Collected data entries:
● ● ●

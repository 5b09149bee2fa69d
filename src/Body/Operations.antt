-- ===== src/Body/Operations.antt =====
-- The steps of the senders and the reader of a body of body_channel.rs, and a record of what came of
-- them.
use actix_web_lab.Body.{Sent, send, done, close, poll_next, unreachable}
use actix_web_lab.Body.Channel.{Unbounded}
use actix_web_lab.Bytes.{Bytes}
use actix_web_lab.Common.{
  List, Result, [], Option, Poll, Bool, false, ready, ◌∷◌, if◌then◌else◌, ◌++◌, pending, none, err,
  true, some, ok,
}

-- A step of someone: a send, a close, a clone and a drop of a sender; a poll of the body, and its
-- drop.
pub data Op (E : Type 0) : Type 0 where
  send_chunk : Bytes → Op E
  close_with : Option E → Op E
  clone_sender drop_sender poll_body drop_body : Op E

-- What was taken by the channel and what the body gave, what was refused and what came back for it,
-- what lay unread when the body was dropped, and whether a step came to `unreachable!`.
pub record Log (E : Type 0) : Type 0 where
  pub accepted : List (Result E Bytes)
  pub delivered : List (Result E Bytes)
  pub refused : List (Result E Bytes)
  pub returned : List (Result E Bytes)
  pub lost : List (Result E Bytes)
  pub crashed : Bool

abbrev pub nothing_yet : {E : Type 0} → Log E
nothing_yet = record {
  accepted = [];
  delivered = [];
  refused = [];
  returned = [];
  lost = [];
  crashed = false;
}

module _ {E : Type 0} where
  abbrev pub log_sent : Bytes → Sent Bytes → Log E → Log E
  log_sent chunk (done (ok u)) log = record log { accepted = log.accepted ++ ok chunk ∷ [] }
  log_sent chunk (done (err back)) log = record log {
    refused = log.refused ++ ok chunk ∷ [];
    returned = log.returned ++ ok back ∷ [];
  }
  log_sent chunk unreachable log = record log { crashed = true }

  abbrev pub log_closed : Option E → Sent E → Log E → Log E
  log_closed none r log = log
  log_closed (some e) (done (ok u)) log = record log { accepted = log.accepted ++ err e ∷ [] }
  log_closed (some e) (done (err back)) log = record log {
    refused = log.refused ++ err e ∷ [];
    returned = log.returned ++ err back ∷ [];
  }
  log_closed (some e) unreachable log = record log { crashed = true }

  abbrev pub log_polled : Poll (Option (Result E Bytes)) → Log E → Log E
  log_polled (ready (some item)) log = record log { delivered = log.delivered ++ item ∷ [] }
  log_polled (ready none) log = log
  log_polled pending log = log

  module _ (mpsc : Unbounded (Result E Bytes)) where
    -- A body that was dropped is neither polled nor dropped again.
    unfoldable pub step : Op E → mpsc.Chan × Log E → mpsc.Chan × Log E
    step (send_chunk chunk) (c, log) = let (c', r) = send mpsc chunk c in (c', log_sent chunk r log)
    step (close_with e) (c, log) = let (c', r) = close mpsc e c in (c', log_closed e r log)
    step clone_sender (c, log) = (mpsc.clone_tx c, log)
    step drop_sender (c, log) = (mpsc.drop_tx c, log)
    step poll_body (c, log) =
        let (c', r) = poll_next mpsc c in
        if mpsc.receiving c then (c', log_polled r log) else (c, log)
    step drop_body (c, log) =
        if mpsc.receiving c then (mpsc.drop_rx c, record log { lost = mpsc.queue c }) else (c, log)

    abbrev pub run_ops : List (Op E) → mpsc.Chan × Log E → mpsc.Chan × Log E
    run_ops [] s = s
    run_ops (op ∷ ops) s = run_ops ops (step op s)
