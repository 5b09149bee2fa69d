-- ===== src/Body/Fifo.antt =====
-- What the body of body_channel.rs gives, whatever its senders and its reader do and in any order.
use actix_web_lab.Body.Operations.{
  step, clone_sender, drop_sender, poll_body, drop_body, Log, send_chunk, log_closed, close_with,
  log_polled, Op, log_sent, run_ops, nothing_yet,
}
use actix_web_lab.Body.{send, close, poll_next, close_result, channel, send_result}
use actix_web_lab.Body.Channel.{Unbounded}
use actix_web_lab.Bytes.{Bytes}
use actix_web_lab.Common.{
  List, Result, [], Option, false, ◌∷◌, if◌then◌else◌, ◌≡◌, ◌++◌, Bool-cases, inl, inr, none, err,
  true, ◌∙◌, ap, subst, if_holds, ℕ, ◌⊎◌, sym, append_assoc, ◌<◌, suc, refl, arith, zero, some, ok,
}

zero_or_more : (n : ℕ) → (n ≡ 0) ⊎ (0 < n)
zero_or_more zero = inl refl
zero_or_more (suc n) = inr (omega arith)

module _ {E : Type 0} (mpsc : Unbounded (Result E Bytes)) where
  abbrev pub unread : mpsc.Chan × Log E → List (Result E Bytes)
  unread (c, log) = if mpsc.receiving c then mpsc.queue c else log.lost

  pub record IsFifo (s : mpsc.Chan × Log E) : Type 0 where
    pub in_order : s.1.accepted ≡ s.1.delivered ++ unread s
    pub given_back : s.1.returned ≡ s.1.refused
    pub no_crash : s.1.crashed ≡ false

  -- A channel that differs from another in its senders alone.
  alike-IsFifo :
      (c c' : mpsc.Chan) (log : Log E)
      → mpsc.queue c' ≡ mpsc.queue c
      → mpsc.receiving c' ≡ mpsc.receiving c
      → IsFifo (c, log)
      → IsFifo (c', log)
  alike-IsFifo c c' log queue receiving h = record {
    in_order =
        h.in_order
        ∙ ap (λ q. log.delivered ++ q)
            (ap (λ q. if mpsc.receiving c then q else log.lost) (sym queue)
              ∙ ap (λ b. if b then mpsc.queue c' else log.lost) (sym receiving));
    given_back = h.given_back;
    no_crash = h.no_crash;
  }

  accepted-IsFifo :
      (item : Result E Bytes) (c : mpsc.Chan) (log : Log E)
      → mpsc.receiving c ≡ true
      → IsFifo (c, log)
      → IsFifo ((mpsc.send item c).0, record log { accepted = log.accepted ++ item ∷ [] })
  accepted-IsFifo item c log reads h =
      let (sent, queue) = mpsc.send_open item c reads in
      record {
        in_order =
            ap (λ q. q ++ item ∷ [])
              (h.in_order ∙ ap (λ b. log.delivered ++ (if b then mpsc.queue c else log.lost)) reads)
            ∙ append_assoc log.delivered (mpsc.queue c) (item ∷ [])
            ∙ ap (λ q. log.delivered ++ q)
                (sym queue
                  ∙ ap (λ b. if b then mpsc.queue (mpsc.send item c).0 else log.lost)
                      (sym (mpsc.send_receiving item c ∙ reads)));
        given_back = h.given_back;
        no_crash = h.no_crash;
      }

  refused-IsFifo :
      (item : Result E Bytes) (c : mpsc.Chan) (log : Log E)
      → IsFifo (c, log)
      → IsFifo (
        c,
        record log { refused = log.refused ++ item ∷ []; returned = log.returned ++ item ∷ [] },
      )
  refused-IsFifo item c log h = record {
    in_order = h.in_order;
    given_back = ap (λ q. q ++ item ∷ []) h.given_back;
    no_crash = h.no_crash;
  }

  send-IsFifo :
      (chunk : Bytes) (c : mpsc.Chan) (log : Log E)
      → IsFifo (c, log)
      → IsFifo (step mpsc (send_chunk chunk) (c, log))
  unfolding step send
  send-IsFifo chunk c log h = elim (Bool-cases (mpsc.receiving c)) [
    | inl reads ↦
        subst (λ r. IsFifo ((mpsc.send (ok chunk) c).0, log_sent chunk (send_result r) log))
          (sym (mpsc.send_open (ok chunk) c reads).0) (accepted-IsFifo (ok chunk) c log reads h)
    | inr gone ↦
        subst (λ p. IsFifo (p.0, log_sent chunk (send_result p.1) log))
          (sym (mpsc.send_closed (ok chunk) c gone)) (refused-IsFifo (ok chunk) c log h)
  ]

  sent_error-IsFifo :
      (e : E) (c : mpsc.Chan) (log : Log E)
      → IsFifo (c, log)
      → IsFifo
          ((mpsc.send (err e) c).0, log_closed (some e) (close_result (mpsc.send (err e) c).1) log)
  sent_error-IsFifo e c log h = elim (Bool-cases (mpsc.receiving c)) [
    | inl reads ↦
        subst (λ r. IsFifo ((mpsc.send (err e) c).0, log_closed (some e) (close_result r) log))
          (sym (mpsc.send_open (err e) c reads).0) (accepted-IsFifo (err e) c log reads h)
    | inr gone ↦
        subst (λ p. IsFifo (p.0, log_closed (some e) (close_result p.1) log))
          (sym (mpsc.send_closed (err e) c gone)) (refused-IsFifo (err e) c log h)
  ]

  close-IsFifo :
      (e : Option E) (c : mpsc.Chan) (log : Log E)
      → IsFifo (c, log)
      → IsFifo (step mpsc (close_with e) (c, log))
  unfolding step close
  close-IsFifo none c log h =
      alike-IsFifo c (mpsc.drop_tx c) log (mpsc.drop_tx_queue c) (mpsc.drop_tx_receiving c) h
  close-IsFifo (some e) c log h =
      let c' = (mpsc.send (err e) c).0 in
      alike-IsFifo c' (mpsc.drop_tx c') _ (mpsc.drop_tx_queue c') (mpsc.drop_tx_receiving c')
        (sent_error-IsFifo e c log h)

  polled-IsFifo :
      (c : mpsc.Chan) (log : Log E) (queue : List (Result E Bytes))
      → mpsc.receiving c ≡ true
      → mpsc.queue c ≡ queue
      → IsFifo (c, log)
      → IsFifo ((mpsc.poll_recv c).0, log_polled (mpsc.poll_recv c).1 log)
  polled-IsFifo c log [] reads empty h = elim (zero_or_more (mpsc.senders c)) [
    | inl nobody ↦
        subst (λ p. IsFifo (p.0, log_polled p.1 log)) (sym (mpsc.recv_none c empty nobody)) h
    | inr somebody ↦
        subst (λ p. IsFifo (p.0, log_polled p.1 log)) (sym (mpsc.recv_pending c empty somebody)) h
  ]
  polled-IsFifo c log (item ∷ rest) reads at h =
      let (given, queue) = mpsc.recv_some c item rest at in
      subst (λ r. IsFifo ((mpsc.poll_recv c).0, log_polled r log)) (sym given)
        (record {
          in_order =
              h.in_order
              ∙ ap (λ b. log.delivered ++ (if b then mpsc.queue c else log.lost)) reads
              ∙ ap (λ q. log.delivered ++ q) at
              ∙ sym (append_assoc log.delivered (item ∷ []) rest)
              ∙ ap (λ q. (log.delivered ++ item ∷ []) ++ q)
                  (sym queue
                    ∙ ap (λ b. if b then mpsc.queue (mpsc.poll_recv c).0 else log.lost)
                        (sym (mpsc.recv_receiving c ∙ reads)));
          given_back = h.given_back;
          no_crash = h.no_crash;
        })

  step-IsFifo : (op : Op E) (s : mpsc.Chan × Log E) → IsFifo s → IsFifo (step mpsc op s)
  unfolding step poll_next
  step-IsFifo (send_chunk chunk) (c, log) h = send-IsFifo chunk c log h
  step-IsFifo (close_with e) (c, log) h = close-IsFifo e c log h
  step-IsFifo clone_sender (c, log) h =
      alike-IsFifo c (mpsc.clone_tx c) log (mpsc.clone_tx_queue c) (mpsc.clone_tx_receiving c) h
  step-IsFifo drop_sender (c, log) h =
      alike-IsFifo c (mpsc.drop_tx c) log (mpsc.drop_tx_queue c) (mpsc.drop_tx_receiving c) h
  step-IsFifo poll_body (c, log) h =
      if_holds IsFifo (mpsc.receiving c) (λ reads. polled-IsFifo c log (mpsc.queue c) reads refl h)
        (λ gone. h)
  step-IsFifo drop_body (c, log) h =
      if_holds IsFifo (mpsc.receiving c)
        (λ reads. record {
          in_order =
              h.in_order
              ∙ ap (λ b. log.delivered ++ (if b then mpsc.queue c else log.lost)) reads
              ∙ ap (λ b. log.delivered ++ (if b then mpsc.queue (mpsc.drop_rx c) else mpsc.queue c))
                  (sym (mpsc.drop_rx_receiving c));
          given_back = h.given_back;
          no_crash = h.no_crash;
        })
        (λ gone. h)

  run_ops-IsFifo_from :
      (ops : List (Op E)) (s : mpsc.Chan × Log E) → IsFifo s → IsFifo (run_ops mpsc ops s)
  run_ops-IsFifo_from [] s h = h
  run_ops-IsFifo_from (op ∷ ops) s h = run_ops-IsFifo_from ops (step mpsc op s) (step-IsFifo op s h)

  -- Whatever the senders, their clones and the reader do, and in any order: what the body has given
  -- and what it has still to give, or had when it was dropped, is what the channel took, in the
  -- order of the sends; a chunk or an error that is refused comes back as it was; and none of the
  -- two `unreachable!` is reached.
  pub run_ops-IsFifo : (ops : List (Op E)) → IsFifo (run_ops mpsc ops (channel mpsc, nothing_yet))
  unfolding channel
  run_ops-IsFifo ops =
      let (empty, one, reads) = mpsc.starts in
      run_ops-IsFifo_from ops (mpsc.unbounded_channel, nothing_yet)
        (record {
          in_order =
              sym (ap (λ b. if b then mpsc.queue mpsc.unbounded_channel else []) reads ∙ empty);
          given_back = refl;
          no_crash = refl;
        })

● ● ●

#### What is being asked
Above are the entries. Copy exactly the part that opens with the line containing "abbrev pub log_closed" and closes with the line containing "zero_or_more zero = inl refl", and no more.

#### Solution to this exercise
  abbrev pub log_closed : Option E → Sent E → Log E → Log E
  log_closed none r log = log
  log_closed (some e) (done (ok u)) log = record log { accepted = log.accepted ++ err e ∷ [] }
  log_closed (some e) (done (err back)) log = record log {
    refused = log.refused ++ err e ∷ [];
    returned = log.returned ++ err back ∷ [];
  }
  log_closed (some e) unreachable log = record log { crashed = true }

  abbrev pub log_polled : Poll (Option (Result E Bytes)) → Log E → Log E
  log_polled (ready (some item)) log = record log { delivered = log.delivered ++ item ∷ [] }
  log_polled (ready none) log = log
  log_polled pending log = log

  module _ (mpsc : Unbounded (Result E Bytes)) where
    -- A body that was dropped is neither polled nor dropped again.
    unfoldable pub step : Op E → mpsc.Chan × Log E → mpsc.Chan × Log E
    step (send_chunk chunk) (c, log) = let (c', r) = send mpsc chunk c in (c', log_sent chunk r log)
    step (close_with e) (c, log) = let (c', r) = close mpsc e c in (c', log_closed e r log)
    step clone_sender (c, log) = (mpsc.clone_tx c, log)
    step drop_sender (c, log) = (mpsc.drop_tx c, log)
    step poll_body (c, log) =
        let (c', r) = poll_next mpsc c in
        if mpsc.receiving c then (c', log_polled r log) else (c, log)
    step drop_body (c, log) =
        if mpsc.receiving c then (mpsc.drop_rx c, record log { lost = mpsc.queue c }) else (c, log)

    abbrev pub run_ops : List (Op E) → mpsc.Chan × Log E → mpsc.Chan × Log E
    run_ops [] s = s
    run_ops (op ∷ ops) s = run_ops ops (step op s)
repository 5b09149bee2fa69d
-- ===== src/Body/Fifo.antt =====
-- What the body of body_channel.rs gives, whatever its senders and its reader do and in any order.
use actix_web_lab.Body.Operations.{
  step, clone_sender, drop_sender, poll_body, drop_body, Log, send_chunk, log_closed, close_with,
  log_polled, Op, log_sent, run_ops, nothing_yet,
}
use actix_web_lab.Body.{send, close, poll_next, close_result, channel, send_result}
use actix_web_lab.Body.Channel.{Unbounded}
use actix_web_lab.Bytes.{Bytes}
use actix_web_lab.Common.{
  List, Result, [], Option, false, ◌∷◌, if◌then◌else◌, ◌≡◌, ◌++◌, Bool-cases, inl, inr, none, err,
  true, ◌∙◌, ap, subst, if_holds, ℕ, ◌⊎◌, sym, append_assoc, ◌<◌, suc, refl, arith, zero, some, ok,
}

zero_or_more : (n : ℕ) → (n ≡ 0) ⊎ (0 < n)
zero_or_more zero = inl refl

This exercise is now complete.